Rapid Human Poes Estimation Computer Vision Model Training and Deployment
One of the most cost and time-effective ways to develop and deploy human pose estimation models for computer vision is to use an AI-assisted active learning platform, such as Encord.
At Encord, our active learning platform for computer vision is used by many sectors - including healthcare, manufacturing, utilities, and smart cities - to annotate human pose estimation videos and accelerate their computer vision model development.
Human Pose Estimation Frequently Asked Questions (FAQs)
What is Human Pose Estimation?
Human Pose Estimation (HPE) is a way of capturing 2D and 3D human movements using labels and annotations to train computer vision models. You can apply object detection, bounding boxes, pictoral structure framework (PSF), and Gaussian layers, and even using convolutional neural networks (CNN) for segmentation, detection, and classification tasks.

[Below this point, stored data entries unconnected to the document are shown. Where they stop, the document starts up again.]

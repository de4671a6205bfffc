-- ===== src/CapturedUdp/Registry/Granted.antt =====
-- internal/capturedudp/registry.go: what a datagram that acceptDatagram takes has been checked for.
use tachyon_core.Base.{
  ℕ, ◌≤◌, ◌<◌, ◌≡◌, refl, sym, ◌∙◌, ap, subst, Bool, true, false, ◌&&◌, some, arith, length, leb,
  Bool-cases, inl, inr,
}
use tachyon_core.Base.Bytes.{Bytes}
use tachyon_core.Base.Text.{same_text→eq}
use tachyon_core.Base.Outcome.{Outcome, ok, err, Outcome-cases, ok-injective}
use tachyon_core.CapturedUdp.Types.{Error, Limits, Lease, Datagram, accepted_buffer}
use tachyon_core.CapturedUdp.Registry.{Registry, Policy}
use tachyon_core.CapturedUdp.Registry.Control.{require_controller}
use tachyon_core.CapturedUdp.Registry.Generations.{then_call}
use tachyon_core.CapturedUdp.Registry.Buffers.{reserve_buffer}
use tachyon_core.CapturedUdp.Registry.Flows.{find_lease, put_lease, is_expired, is_lease_of}
use tachyon_core.CapturedUdp.Registry.Leases.{find-flow_id, find-put}
use tachyon_core.CapturedUdp.Registry.Datagrams.{
  AcceptedDatagram, accept_datagram, accept_named, accept_on, admit, consume_data, named_lease,
  then_with, tunnelled, fits_tunnel,
}
use tachyon_core.CapturedUdp.Registry.DatagramCalls.{named_lease-Named}

-- The lease after a datagram.
abbrev pub used : Lease → Datagram → ℕ → Lease
used l d now = record l { has_sequence = true; sequence = d.sequence; last_activity = now }

-- The caller is the controller; the flow has a lease in force, of the datagram's generation and nonce,
-- that has not expired; the sequence is above the lease's; what goes out has the lease's addresses; and
-- the lease keeps the sequence and the time.
pub record Granted (r r' : Registry) (id : Bytes) (d : Datagram) (now : ℕ) (x : AcceptedDatagram)
    : Type 0 where
  pub lease : Lease
  pub controls : require_controller r.access id ≡ ok tt
  pub small : length d.payload ≤ r.limits.datagram_size
  pub found : find_lease d.flow_id r.policy.flows ≡ some lease
  pub live : is_expired r.limits now lease ≡ false
  pub right : is_lease_of r.policy.active_generation d.generation d.lease_nonce lease ≡ true
  pub newer : lease.has_sequence ≡ true → lease.sequence < d.sequence
  pub fits : fits_tunnel r.limits lease.spec.local_end.ip lease.spec.remote_end.ip d.payload ≡ true
  pub carried : x.datagram ≡ tunnelled lease d
  pub kept : find_lease d.flow_id r'.policy.flows ≡ some (used lease d now)

then_call-inv {ℓ} :
    {A : Type ℓ} (p : Registry × Outcome Error (Unit {0}))
    (f : Registry → Registry × Outcome Error A) (x : A)
    → (then_call p f).1 ≡ ok x
    → (p.1 ≡ ok tt) × (then_call p f ≡ f p.0)
then_call-inv (r, err e) f x h = absurd (ground arith)
then_call-inv (r, ok u) f x h = (refl, refl)

then_with-inv {ℓ κ} :
    {A : Type ℓ} {B : Type κ} (p : Registry × Outcome Error B)
    (f : Registry → B → Registry × Outcome Error A) (x : A)
    → (then_with p f).1 ≡ ok x
    → (b : B) × ((p.1 ≡ ok b) × (then_with p f ≡ f p.0 b))
then_with-inv (r, err e) f x h = absurd (ground arith)
then_with-inv (r, ok b) f x h = (b, (refl, refl))

record Admitted (r r1 : Registry) (id payload : Bytes) : Type 0 where
  controls : require_controller r.access id ≡ ok tt
  small : length payload ≤ r.limits.datagram_size
  same_limits : r1.limits ≡ r.limits
  same_policy : r1.policy ≡ r.policy

admit-Admitted :
    (r : Registry) (id payload : Bytes) (now : ℕ)
    → (admit r id payload now).1 ≡ ok tt
    → Admitted r (admit r id payload now).0 id payload
unfolding admit consume_data
admit-Admitted r id payload now h = elim (Outcome-cases (require_controller r.access id)) [
  | inr (e, refused) ↦ absurd (ground arith)
  | inl (u, passed) ↦ record {
    controls = passed;
    small = ground arith;
    same_limits = ground arith;
    same_policy = ground arith;
  }
]

accept_on-inv :
    (r : Registry) (l : Lease) (d : Datagram) (now : ℕ) (x : AcceptedDatagram)
    → (accept_on r l d now).1 ≡ ok x
    → (x.datagram ≡ tunnelled l d)
      × ((accept_on r l d now).0.policy.flows ≡ put_lease (used l d now) r.policy.flows)
unfolding accept_on
accept_on-inv r l d now x h =
    elim (Outcome-cases (reserve_buffer r.limits r.accounts accepted_buffer (length d.payload)).1) [
      | inr (e, refused) ↦ absurd (ground arith)
      | inl (b, reserved) ↦
          let gives : (accept_on r l d now).1
              ≡ ok (record { datagram = tunnelled l d; buffer = b }) =
            rw (reserved, accept_on) refl in
          (
            ap (λ (y : AcceptedDatagram). y.datagram) (sym (ok-injective (sym gives ∙ h))),
            rw (reserved, accept_on) refl,
          )
    ]

accept_named-inv :
    (r : Registry) (l : Lease) (d : Datagram) (now : ℕ) (x : AcceptedDatagram)
    → (accept_named r l d now).1 ≡ ok x
    → (fits_tunnel r.limits l.spec.local_end.ip l.spec.remote_end.ip d.payload ≡ true)
      × (((l.has_sequence && leb d.sequence l.sequence) ≡ false)
          × (accept_named r l d now ≡ accept_on r l d now))
unfolding accept_named
accept_named-inv r l d now x h =
    elim (Bool-cases (fits_tunnel r.limits l.spec.local_end.ip l.spec.remote_end.ip d.payload)) [
      | inr large ↦ absurd (ground arith)
      | inl fits ↦ elim (Bool-cases (l.has_sequence && leb d.sequence l.sequence)) [
        | inl old ↦ absurd (ground arith)
        | inr new ↦ (fits, (new, rw (fits, new, accept_named) refl))
      ]
    ]

above : (b : Bool) (n m : ℕ) → (b && leb n m) ≡ false → b ≡ true → m < n
above b n m e f = ground arith

-- acceptDatagram takes a datagram only from the controller, up to the size limit, under a lease of the
-- flow that is in force, of the datagram's generation and nonce, and not expired, only with a sequence
-- above the lease's, and only if it fits the tunnel between the lease's addresses; what goes out has
-- these addresses and the payload, and the lease then has the datagram's sequence and time.
pub accept_datagram-Granted :
    (r : Registry) (id : Bytes) (d : Datagram) (now : ℕ) (x : AcceptedDatagram)
    → (accept_datagram r id d now).1 ≡ ok x
    → Granted r (accept_datagram r id d now).0 id d now x
unfolding accept_datagram
accept_datagram-Granted r id d now x h =
    let rest = λ (r2 : Registry) (l : Lease). accept_named r2 l d now in
    let named_by = λ (r2 : Registry). named_lease r2 d.flow_id d.generation d.lease_nonce now in
    let admitted = admit r id d.payload now in
    let (passed, step1) =
      then_call-inv admitted (λ (r2 : Registry). then_with (named_by r2) rest) x h in
    let a = admit-Admitted r id d.payload now passed in
    let r1 = admitted.0 in
    let outcome = λ (p : Registry × Outcome Error AcceptedDatagram). p.1 in
    let h1 = ap outcome (sym step1) ∙ h in
    let (l, (named, step2)) = then_with-inv (named_by r1) rest x h1 in
    let n = named_lease-Named r1 d.flow_id d.generation d.lease_nonce now l named in
    let r2 = (named_by r1).0 in
    let h2 = ap outcome (sym step2) ∙ h1 in
    let (fits, (new, step3)) = accept_named-inv r2 l d now x h2 in
    let (carried, kept) = accept_on-inv r2 l d now x (ap outcome (sym step3) ∙ h2) in
    let flows = λ (p : Registry × Outcome Error AcceptedDatagram). p.0.policy.flows in
    let limits = ap (λ (y : Registry). y.limits) n.same ∙ a.same_limits in
    record {
      lease = l;
      controls = a.controls;
      small = a.small;
      found = ap (λ (p : Policy). find_lease d.flow_id p.flows) (sym a.same_policy) ∙ n.found;
      live = ap (λ (y : Limits). is_expired y now l) (sym a.same_limits) ∙ n.live;
      right =
          ap (λ (p : Policy). is_lease_of p.active_generation d.generation d.lease_nonce l)
            (sym a.same_policy)
          ∙ n.right;
      newer = above l.has_sequence d.sequence l.sequence new;
      fits =
          ap (λ (y : Limits). fits_tunnel y l.spec.local_end.ip l.spec.remote_end.ip d.payload)
            (sym limits)
          ∙ fits;
      carried = carried;
      kept =
          ap (find_lease d.flow_id) (ap flows step1 ∙ (ap flows step2 ∙ (ap flows step3 ∙ kept)))
          ∙ subst
              (λ (i : Bytes).
                find_lease i (put_lease (used l d now) r2.policy.flows) ≡ some (used l d now))
              (same_text→eq l.spec.flow_id d.flow_id
                (find-flow_id d.flow_id r1.policy.flows l n.found))
              (find-put (used l d now) r2.policy.flows);
    }
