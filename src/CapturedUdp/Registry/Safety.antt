-- ===== src/CapturedUdp/Registry/Safety.antt =====
-- internal/capturedudp/registry.go: what holds of a registry and its buffers after any run.
use tachyon_core.Base.{ℕ, ◌≤◌, ◌≡◌, ◌≢◌, refl, sym, ◌∙◌, subst, List, [], some, arith, inl, inr}
use tachyon_core.Base.Outcome.{ok, bind-inv, ok-injective}
use tachyon_core.CapturedUdp.Types.{
  Limits, BufferLease, normalized, Direction, accepted_buffer, delivery_buffer,
}
use tachyon_core.CapturedUdp.Registry.{Registry, Accounts, new_registry, empty_registry}
use tachyon_core.CapturedUdp.Registry.Buffers.{release_buffer, objects, metadata}
use tachyon_core.CapturedUdp.Registry.Lawful.{
  LawfulStep, LawfulStep-refl, LawfulStep-trans, empty-IsSecure,
}
use tachyon_core.CapturedUdp.Registry.Balance.{IsBalanced}
use tachyon_core.CapturedUdp.Registry.Release.{
  take_held, take_held-Taken, release_buffer-IsBalanced,
}
use tachyon_core.CapturedUdp.Registry.Desk.{
  Desk, Step, Reach, here, next, IsSafe, rebalanced, Step-LawfulStep, Step-IsBalanced, next,
}

Step-IsSafe : {s t : Desk} → Step s t → IsSafe s → IsSafe t
Step-IsSafe {s} {t} step h =
    let lawful = Step-LawfulStep step in
    record {
      lawful = lawful.keeps h.lawful;
      balanced =
          rebalanced t.held s.registry t.registry lawful.same_limits
            (Step-IsBalanced step h.balanced);
    }

Reach-IsSafe : {s t : Desk} → Reach s t → IsSafe s → IsSafe t
Reach-IsSafe here h = h
Reach-IsSafe (next r step) h = Step-IsSafe step (Reach-IsSafe r h)

pub Reach-LawfulStep : {s t : Desk} → Reach s t → LawfulStep s.registry t.registry
Reach-LawfulStep {s} here = LawfulStep-refl s.registry
Reach-LawfulStep {s = s} {t = u} (next {t = t} r step) =
    LawfulStep-trans s.registry t.registry u.registry (Reach-LawfulStep r) (Step-LawfulStep step)

-- The desk of a new registry.
abbrev pub desk_of : Registry → Desk
desk_of r = record { registry = r; held = [] }

empty_balance : (limits : Limits) → IsBalanced limits [] (empty_registry limits).accounts
empty_balance limits = record {
  leases = tt;
  bytes = refl;
  all_objects = refl;
  all_metadata = refl;
  by_direction = no_objects;
  meta_by_direction = no_metadata;
  few_bytes = omega arith;
  few_objects = λ d. omega arith;
  few_in_all = omega arith;
  few_metadata = omega arith;
  few_meta_by_direction = λ d. omega arith;
}
  where
    no_objects : (d : Direction) → objects (empty_registry limits).accounts d ≡ 0
    no_objects accepted_buffer = refl
    no_objects delivery_buffer = refl

    no_metadata : (d : Direction) → metadata (empty_registry limits).accounts d ≡ 0
    no_metadata accepted_buffer = refl
    no_metadata delivery_buffer = refl

empty-IsSafe : (limits : Limits) → IsSafe (desk_of (empty_registry limits))
empty-IsSafe limits = record {
  lawful = record {
    consistent = record {
      few = omega arith;
      in_force = tt;
      distinct = tt;
      idle = λ e. refl;
      ordered = omega arith;
      ahead = λ t e. absurd (ground arith);
      dead = λ e. (refl, refl);
    };
    secure = empty-IsSecure (empty_registry limits).access refl refl refl;
  };
  balanced = empty_balance limits;
}

new_registry-IsSafe :
    (limits : Limits) (r : Registry) → new_registry limits ≡ ok r → IsSafe (desk_of r)
unfolding new_registry
new_registry-IsSafe limits r e =
    let (checked, (passed, made)) = bind-inv (normalized limits) _ r e in
    subst (λ (x : Registry). IsSafe (desk_of x)) (ok-injective made) (empty-IsSafe checked)

-- After any run of calls, datagrams, replies and releases of a new registry: the leases are at most
-- as many as the limit, of the generation in force, and of distinct flows; with no generation in
-- force there is none; the prepared generation is later than every one before it; without a live
-- controller nothing is prepared or in force; a controller and an unused token need the attached,
-- verified attachment at hand, and never stand together; a closed registry has no controller and no
-- attachment; and the accounts, of bytes in all, and of objects and metadata in all and by direction,
-- are exactly what the buffers that are out hold, and each is within its limit.
pub reached-IsSafe :
    (limits : Limits) (r : Registry)
    → new_registry limits ≡ ok r
    → (t : Desk) → Reach (desk_of r) t
    → IsSafe t
reached-IsSafe limits r e t run = Reach-IsSafe run (new_registry-IsSafe limits r e)

-- After any run of a new registry, giving back any of the buffers that are out succeeds: the panic
-- on an underflow of the accounts is never met.
pub release_never_panics :
    (limits : Limits) (r : Registry)
    → new_registry limits ≡ ok r
    → (t : Desk) → Reach (desk_of r) t
    → (i : ℕ) (l : BufferLease) (rest : List BufferLease) → take_held i t.held ≡ some (l, rest)
    → (a : Accounts) × (release_buffer t.registry.accounts l ≡ some a)
release_never_panics limits r e t run i l rest taken =
    let b = (reached-IsSafe limits r e t run).balanced in
    let (a, (made, balanced)) =
      release_buffer-IsBalanced t.registry.limits t.held rest l t.registry.accounts b
        (take_held-Taken i t.held l rest b.leases taken) in
    (a, made)

-- In a run of a new registry, a generation other than 0 that is not in force and is at most the last
-- one that was committed never comes into force again.
pub generation_never_returns :
    (limits : Limits) (r : Registry)
    → new_registry limits ≡ ok r
    → (s t : Desk) → Reach (desk_of r) s
    → Reach s t
    → (g : ℕ) → g ≢ 0
    → g ≤ s.registry.policy.last_generation
    → s.registry.policy.active_generation ≢ g
    → t.registry.policy.active_generation ≢ g
generation_never_returns limits r e s t run on g nonzero old inactive back =
    let lawful = (reached-IsSafe limits r e s run).lawful in
    elim ((Reach-LawfulStep on).forward lawful) [
      | inl same ↦ inactive (sym same ∙ back)
      | inr (inl none_left) ↦ nonzero (sym back ∙ none_left)
      | inr (inr newer) ↦ absurd (omega (arith, old, newer, back))
    ]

The aim of pose estimation is to create a skeleton-like outline of the human body or a keypoint representation of joints, movements, and facial features.
One way to achieve production-ready models is to use free, open-source datasets, such as the 15 we’ve covered in this article.
What are the best datasets for 3D pose estimation?
Most of the pose estimation datasets in this article can be used for 3D HPE. Some of the best and most diverse include Humans3.6M, COCO, and the CMU Panoptic Studio Dataset.
What are the best datasets for pose estimation in crowded environments?
Capturing data and applying labels for computer vision models when people are in crowds is more challenging. It takes more computational power to train a model for a multi-person pose estimation task, and naturally, more time and work is involved in labeling multiple people in images.
To make this easier, there are open-source datasets that include people in crowded environments, such as AMASS, VGG, and FLIC.
What is top-down human pose estimation?
The top-down approach for human pose estimation is normally used for multi-person images and videos. It starts with detecting which object is a person, estimating where the relevant body parts are (that will be labeled), and then calculating a pose for every human in the labeled images.